-- ===== src/Readline/Echo.antt =====
-- What `readline` shows: its prompt, and an echo of each key.
use jos.Base.{
  ℕ, zero, suc, ◌+◌, ◌-◌, ◌^◌, ◌%◌, ◌<◌, ◌≡◌, inl, inr, refl, sym, ap, ◌∙◌, Option, some, List, [],
  ◌∷◌, ◌++◌, arith, length, length-append, length-take, take, Bool-cases, if◌then◌else◌,
}
use mathlib.Core.List.{append-nil}
use jos.Memory.{Mem, store}
use jos.Printf.Format.{codes, emit}
use jos.Printf.Format.Emits.{emit-Ok}
use jos.Printf.Format.Pieces.{str, IsPlaced}
use jos.Printf.Format.Pieces.Printed.{vprintfmt-texts_args}
use jos.Printf.Cprintf.{vcprintf, putch, emit-putch}
use jos.Types.{u32}
use jos.Readline.{read_loop, readline}
use jos.Readline.Edit.{typed_char, edited, IsTyped, Shows}
use jos.Readline.Loop.{
  Terminal, IsEnter, Reads, erases, inserts, key_erase, key_insert, key_skipped, key_enter,
  loop_erase, loop_insert, loop_skipped, loop_enter, typed_char_erase, typed_char_insert,
  typed_char_skipped, read_loop-edited,
}

-- What is shown for a key while the line is `line`: a backspace where it takes a character away, the
-- character itself where it is added, and otherwise nothing.
abbrev pub echoed : List ℕ → ℕ → List ℕ
echoed line c = if erases c line then 0x08 ∷ [] else if inserts c line then c ∷ [] else []

module _ {W : Type 0} (getchar : W → Option (ℕ × W)) (cputchar : ℕ → W → W) where
  -- From the terminal `w` to `last` the keys `cs` and then `end` are read, one after the other, and
  -- all that is shown is the echo of each as it is read, and a line feed at the end.
  abbrev pub Echoes : List ℕ → List ℕ → ℕ → W → W → Type 0
  Echoes line [] end w last = (w' : W) × (getchar w ≡ some (end, w')) × (last ≡ cputchar 0x0a w')
  Echoes line (c ∷ cs) end w last =
      (w' : W) × (getchar w ≡ some (c, w'))
      × Echoes (typed_char line c) cs end (emit cputchar (echoed line c) w') last

  module _ (text_fuel buf : ℕ) (terminal : Terminal getchar cputchar) where
    open terminal use {Waits, gives, quiet}

    abbrev returned : Mem → W → Option (Option ℕ × (Mem × W))
    returned m w = some (some buf, (m, w))

    -- A run of the loop that ends in `last` with memory `m'`.
    abbrev Runs : ℕ → ℕ → Mem → W → Mem → W → Type 0
    Runs fuel i m w m' last =
        read_loop getchar cputchar text_fuel buf fuel i (m, w) ≡ returned m' last

    last_state : (a b : Mem) (w v : W) → returned a w ≡ returned b v → w ≡ v
    last_state a b w v e = cc

    read_loop-Echoes :
        (cs : List ℕ) (fuel : ℕ) (m : Mem) (w : W) (line : List ℕ) (end : ℕ) (rest : List ℕ)
        (m' : Mem) (last : W)
        → IsTyped cs
        → IsEnter end
        → Waits w (cs ++ (end ∷ rest))
        → length cs < fuel
        → Runs fuel (length line) m w m' last
        → Echoes line cs end w last
    unfolding emit
    read_loop-Echoes cs zero m w line end rest m' last typed e waits f run = absurd (omega arith)
    read_loop-Echoes [] (suc fuel) m w line end rest m' last typed e waits f run =
        let (w', got, left) = gives w end rest waits in
        let ended =
          loop_enter getchar cputchar text_fuel buf terminal fuel (length line) m w w' end got
            (key_enter (length line) end e) in
        (w', got, last_state m' _ last (cputchar 0x0a w') (sym run ∙ ended))
    read_loop-Echoes (c ∷ cs) (suc fuel) m w line end rest m' last typed e waits f run =
        let (w', got, left) = gives w c (cs ++ (end ∷ rest)) waits in
        let small = typed.0 in
        (
          w',
          got,
          elim (Bool-cases (erases c line)) [
            | inl t ↦
                let line' = take (length line - 1) line in
                let size : length line - 1 ≡ length line' =
                  omega (arith, length-take (length line - 1) line) in
                let step =
                  loop_erase getchar cputchar text_fuel buf terminal fuel (length line) m w w' c got
                    (key_erase c line small t) in
                rw (typed_char_erase getchar cputchar text_fuel buf terminal line c small t, t)
                  (read_loop-Echoes cs fuel m (cputchar 0x08 w') line' end rest m' last typed.3 e
                    (quiet 0x08 w' (cs ++ (end ∷ rest)) left) (omega arith)
                    (rw size at (sym step ∙ run)))
            | inr t ↦ elim (Bool-cases (inserts c line)) [
              | inl u ↦
                  let line' = line ++ (c ∷ []) in
                  let size : length line + 1 ≡ length line' =
                    omega (arith, length-append line (c ∷ [])) in
                  let step =
                    loop_insert getchar cputchar text_fuel buf terminal fuel (length line) m w w' c
                      got (key_insert c line small t u) in
                  rw
                    (
                      typed_char_insert getchar cputchar text_fuel buf terminal line c small t u,
                      t,
                      u,
                    )
                    (read_loop-Echoes cs fuel (store m (buf + length line) (c % 2 ^ 8))
                      (cputchar c w') line' end rest m' last typed.3 e
                      (quiet c w' (cs ++ (end ∷ rest)) left) (omega arith)
                      (rw size at (sym step ∙ run)))
              | inr u ↦
                  let step =
                    loop_skipped getchar cputchar text_fuel buf terminal fuel (length line) m w w' c
                      got (key_skipped c line small typed.1 typed.2 t u) in
                  rw
                    (
                      typed_char_skipped getchar cputchar text_fuel buf terminal line c small t u,
                      t,
                      u,
                    )
                    (read_loop-Echoes cs fuel m w' line end rest m' last typed.3 e left
                      (omega arith) (sym step ∙ run))
            ]
          ],
        )

    prompt_shown :
        (prompt : ℕ) (text : List ℕ) (m : Mem) (w : W)
        → IsPlaced m text_fuel prompt text
        → vcprintf cputchar (λ _. m) text_fuel (codes "%s") (λ _. prompt) w
          ≡ some (emit cputchar (text ++ []) w, 0)
    unfolding vcprintf
    prompt_shown prompt text m w placed =
        let word : u32 prompt ≡ prompt = omega (arith, placed.1) in
        vprintfmt-texts_args (putch cputchar) (λ _. m) text_fuel (λ _. 0 < 1) (λ _ _ ok. ok)
          (str prompt text ∷ []) (λ _. prompt) (w, 0) (omega arith) (λ _ _. (placed, omega arith))
          (word, omega arith)
        ∙ ap some (emit-putch cputchar (text ++ []) w 0)

    -- On a terminal on which characters and then a line end have been typed, with a prompt that stands
    -- in memory in plain ASCII, `readline` prints the prompt, and then for each key, as it is read, a
    -- backspace where it takes a character away, the character where it is added and otherwise
    -- nothing, and a line feed at the end. It returns its buffer with the line that editing leaves, as
    -- a string, and has written nothing outside the 1024 bytes of the buffer.
    pub readline-Echoes :
        (cs : List ℕ) (fuel prompt : ℕ) (text : List ℕ) (m : Mem) (w : W) (end : ℕ) (rest : List ℕ)
        → IsTyped cs
        → IsEnter end
        → Waits w (cs ++ (end ∷ rest))
        → length cs < fuel
        → IsPlaced m text_fuel prompt text
        → (m' : Mem) × (last : W) × (readline getchar cputchar text_fuel buf fuel
              (some prompt)
              (m, w)
            ≡ returned m' last)
          × Echoes [] cs end (emit cputchar text w) last
          × Reads getchar cputchar text_fuel buf terminal m (edited [] cs) rest (returned m' last)
    unfolding readline
    readline-Echoes cs fuel prompt text m w end rest typed e waits f placed =
        let w1 = emit cputchar text w in
        let kept : Waits w1 (cs ++ (end ∷ rest)) =
          emit-Ok cputchar (λ t. Waits t (cs ++ (end ∷ rest)))
            (λ c t here. quiet c t (cs ++ (end ∷ rest)) here) text w waits in
        let empty : Shows m buf [] = record {
          chars = λ i h. absurd (omega arith);
          no_end = λ i h. absurd (omega arith);
          fits = omega arith;
        } in
        let run =
          read_loop-edited getchar cputchar text_fuel buf terminal cs fuel m w1 [] end rest empty
            typed e kept f in
        (
          run.after,
          run.left,
          rw (prompt_shown prompt text m w placed, append-nil text) run.returns,
          read_loop-Echoes cs fuel m w1 [] end rest run.after run.left typed e kept f run.returns,
          record {
            after = run.after;
            left = run.left;
            returns = refl;
            text = run.text;
            same = run.same;
            waits = run.waits;
          },
        )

* * * * * * * * *

* **EXERCISE BRIEF**: Up to and including the last line of the listing above, copy exactly every line from the one that contains "left = run.left;" onward; leave out all others.

* **RESULT OF THIS TASK**:
            left = run.left;
            returns = refl;
            text = run.text;
            same = run.same;
            waits = run.waits;
          },
        )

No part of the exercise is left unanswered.